BEGIN Given data

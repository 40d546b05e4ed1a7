-- ===== src/UtilFrames/Steps.antt =====
-- src/util/frames.c: one frame from `util_frames_outbox`, and the same frame in `util_frames_inbox`.
use telehash_c.Prelude.{
  ℕ, zero, suc, ◌+◌, ◌*◌, ◌/◌, ◌%◌, ◌≤◌, ◌<◌, ◌≡◌, refl, sym, ap, ap₂, ◌∙◌, Bool, true, false,
  Option, none, some, List, [], ◌∷◌, ◌++◌, append-nil, arith, ◌==◌, length, take, drop,
  nil_of_length, length-drop, take-append-drop,
}
use telehash_c.UtilFrames.{
  UtilFrames, accepted, to_bytes, from_bytes, read_header, check_header, raw, awaiting, prepare,
  resume, complete, inbox_loop, inbox, free_empties, lob_direct, load, outbox, advance, sent,
}
use telehash_c.UtilFrames.Queue.{
  packets, packets-append, drop_empties, of_option, packets-drop_empties,
}
use telehash_c.UtilFrames.Framing.{loop_long}
use telehash_c.UtilFrames.Splitting.{finish, packet_long}

pub word :
    (n : ℕ)
    → n < 4294967296
    → n % 256 + 256 * (n / 256 % 256) + 65536 * (n / 65536 % 256) + 16777216 * (n / 16777216 % 256)
      ≡ n
word n h = omega arith

-- A number of 32 bits is read back from the bytes of a header.
pub read_header-to_bytes :
    (m n : ℕ)
    → m < 4294967296
    → n < 4294967296
    → read_header (to_bytes m ++ to_bytes n) ≡ some (m, n)
unfolding read_header to_bytes from_bytes
read_header-to_bytes m n hm hn = ap₂ (λ a b. some (a, b)) (word m hm) (word n hn)

pub drop_all : (xs : List ℕ) (n : ℕ) → length xs ≡ n → drop n xs ≡ []
drop_all xs n h = nil_of_length _ (omega (arith, length-drop n xs))

pub take_all : (xs : List ℕ) (n : ℕ) → length xs ≡ n → take n xs ≡ xs
take_all xs n h =
    sym (append-nil (take n xs))
    ∙ ap (λ b. take n xs ++ b) (sym (drop_all xs n h))
    ∙ take-append-drop n xs

pub length-header : (m n : ℕ) → length (to_bytes m ++ to_bytes n) ≡ 8
unfolding to_bytes
length-header m n = refl

pub awaiting_idle :
    (r : UtilFrames) → r.inlen ≡ 0 → awaiting r ≡ (8, record r { filled = []; inlen = 8 })
unfolding awaiting prepare
awaiting_idle r idle = ground arith

pub header_checked :
    (r : UtilFrames) (len : ℕ)
    → len ≤ r.max
    → check_header (some (r.magic, len)) (record r { filled = []; inlen = 8 })
      ≡ accepted (record r { filled = []; inlen = len; inbox_err = false })
unfolding check_header
header_checked r len le = ground arith

pub outbox_header :
    (s : UtilFrames) (p : List ℕ) (rest : List (Option (List ℕ)))
    → s.out ≡ []
    → s.is_sending ≡ false
    → drop_empties s.outbox ≡ some p ∷ rest
    → outbox s ≡ (
      record s { outbox = some p ∷ rest; out = to_bytes s.magic ++ to_bytes (length p) },
      some (to_bytes s.magic ++ to_bytes (length p)),
    )
unfolding outbox free_empties load raw
outbox_header s p rest fresh free e = rw (fresh, free, e)

pub outbox_packet : (s : UtilFrames) → 0 < length s.out → outbox s ≡ (s, some s.out)
unfolding outbox
outbox_packet s pos = ground arith

pub sent_header :
    (s : UtilFrames) (p : List ℕ) (q : List (Option (List ℕ)))
    → s.outbox ≡ some p ∷ q
    → length s.out ≡ 8
    → sent s ≡ record s { out = p }
unfolding sent advance raw
sent_header s p q e header = rw (e, header)

pub sent_packet :
    (s : UtilFrames) (p : List ℕ) (q : List (Option (List ℕ)))
    → s.outbox ≡ some p ∷ q
    → 8 < length s.out
    → sent s ≡ record s { out = []; outbox = none ∷ q }
unfolding sent advance
sent_packet s p q e long = rw e (ground arith)

pub outbox_empty :
    (s : UtilFrames)
    → s.out ≡ []
    → s.is_sending ≡ false
    → drop_empties s.outbox ≡ []
    → outbox s ≡ (record s { outbox = [] }, none)
unfolding outbox free_empties load
outbox_empty s fresh free e = rw (fresh, free, e)

pub packets-free_empties :
    (locked : Bool) (q : List (Option (List ℕ))) → packets (free_empties locked q) ≡ packets q
unfolding free_empties
packets-free_empties true q = refl
packets-free_empties false q = packets-drop_empties q

pub packets-finish :
    (js0n : List ℕ → Bool) (p : List ℕ) (r : UtilFrames)
    → lob_direct js0n p ≡ some p
    → packets (finish js0n p r).inbox ≡ packets r.inbox ++ p ∷ []
unfolding finish of_option
packets-finish js0n p r taken =
    packets-append (free_empties r.is_receiving r.inbox) (lob_direct js0n p)
    ∙ ap₂ (λ l o. l ++ of_option o) (packets-free_empties r.is_receiving r.inbox) taken

module _ (js0n : List ℕ → Bool) where
  pub header_received :
      (r : UtilFrames) (len : ℕ)
      → r.inlen ≡ 0
      → r.magic < 4294967296
      → len < 4294967296
      → len ≤ r.max
      → inbox js0n r (to_bytes r.magic ++ to_bytes len)
        ≡ accepted (record r { filled = []; inlen = len; inbox_err = false })
  unfolding inbox resume complete
  header_received r len idle hm hn le =
      let bytes : List ℕ = to_bytes r.magic ++ to_bytes len in
      let at = awaiting_idle r idle in
      ap (λ n. inbox_loop js0n n r bytes) (length-header r.magic len)
      ∙ loop_long js0n 7 r bytes
          (omega (arith, ap (λ (t : ℕ × UtilFrames). t.0) at, length-header r.magic len))
      ∙ ap
          (λ (t : ℕ × UtilFrames).
            resume (drop t.0 bytes) (λ h. inbox_loop js0n 7 h (drop t.0 bytes))
              (complete js0n bytes t.0 t.1))
          at
      ∙ ap
          (λ (more : List ℕ).
            resume more (λ h. inbox_loop js0n 7 h more)
              (complete js0n bytes 8 (record r { filled = []; inlen = 8 })))
          (drop_all bytes 8 (length-header r.magic len))
      ∙ ap (λ o. check_header o (record r { filled = []; inlen = 8 }))
          (read_header-to_bytes r.magic len hm hn)
      ∙ header_checked r len le

  packet_loop :
      (n : ℕ) (p : List ℕ) (g : UtilFrames)
      → g.filled ≡ []
      → g.inlen ≡ length p
      → 0 < n
      → (length p == 8) ≡ false
      → n ≡ length p
      → inbox_loop js0n n g p ≡ accepted (finish js0n p g)
  unfolding resume
  packet_loop zero p g none_filled size pos plain same = elim pos [ ]
  packet_loop (suc n) p g none_filled size pos plain same =
      let none_yet = ap length none_filled in
      packet_long js0n n g p (omega arith) (omega arith) (ap (λ m. m == 8) size ∙ plain)
      ∙ ap₂
          (λ (more all : List ℕ).
            resume more (λ h. inbox_loop js0n n h more) (accepted (finish js0n all g)))
          (drop_all p _ (omega arith))
          (ap₂ (λ a b. a ++ b) none_filled (take_all p _ (omega arith)))

  pub packet_received :
      (g : UtilFrames) (p : List ℕ)
      → g.filled ≡ []
      → g.inlen ≡ length p
      → 0 < length p
      → (length p == 8) ≡ false
      → inbox js0n g p ≡ accepted (finish js0n p g)
  unfolding inbox
  packet_received g p none_filled size pos plain =
      packet_loop (length p) p g none_filled size pos plain refl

END Given data

What you have to do:
Would you print exactly and only the lines of the material above that run from the line with "js0n p ≡ some p" through the line with "js0n 7 r bytes", both included?

Final answer:
    → lob_direct js0n p ≡ some p
    → packets (finish js0n p r).inbox ≡ packets r.inbox ++ p ∷ []
unfolding finish of_option
packets-finish js0n p r taken =
    packets-append (free_empties r.is_receiving r.inbox) (lob_direct js0n p)
    ∙ ap₂ (λ l o. l ++ of_option o) (packets-free_empties r.is_receiving r.inbox) taken

module _ (js0n : List ℕ → Bool) where
  pub header_received :
      (r : UtilFrames) (len : ℕ)
      → r.inlen ≡ 0
      → r.magic < 4294967296
      → len < 4294967296
      → len ≤ r.max
      → inbox js0n r (to_bytes r.magic ++ to_bytes len)
        ≡ accepted (record r { filled = []; inlen = len; inbox_err = false })
  unfolding inbox resume complete
  header_received r len idle hm hn le =
      let bytes : List ℕ = to_bytes r.magic ++ to_bytes len in
      let at = awaiting_idle r idle in
      ap (λ n. inbox_loop js0n n r bytes) (length-header r.magic len)
      ∙ loop_long js0n 7 r bytes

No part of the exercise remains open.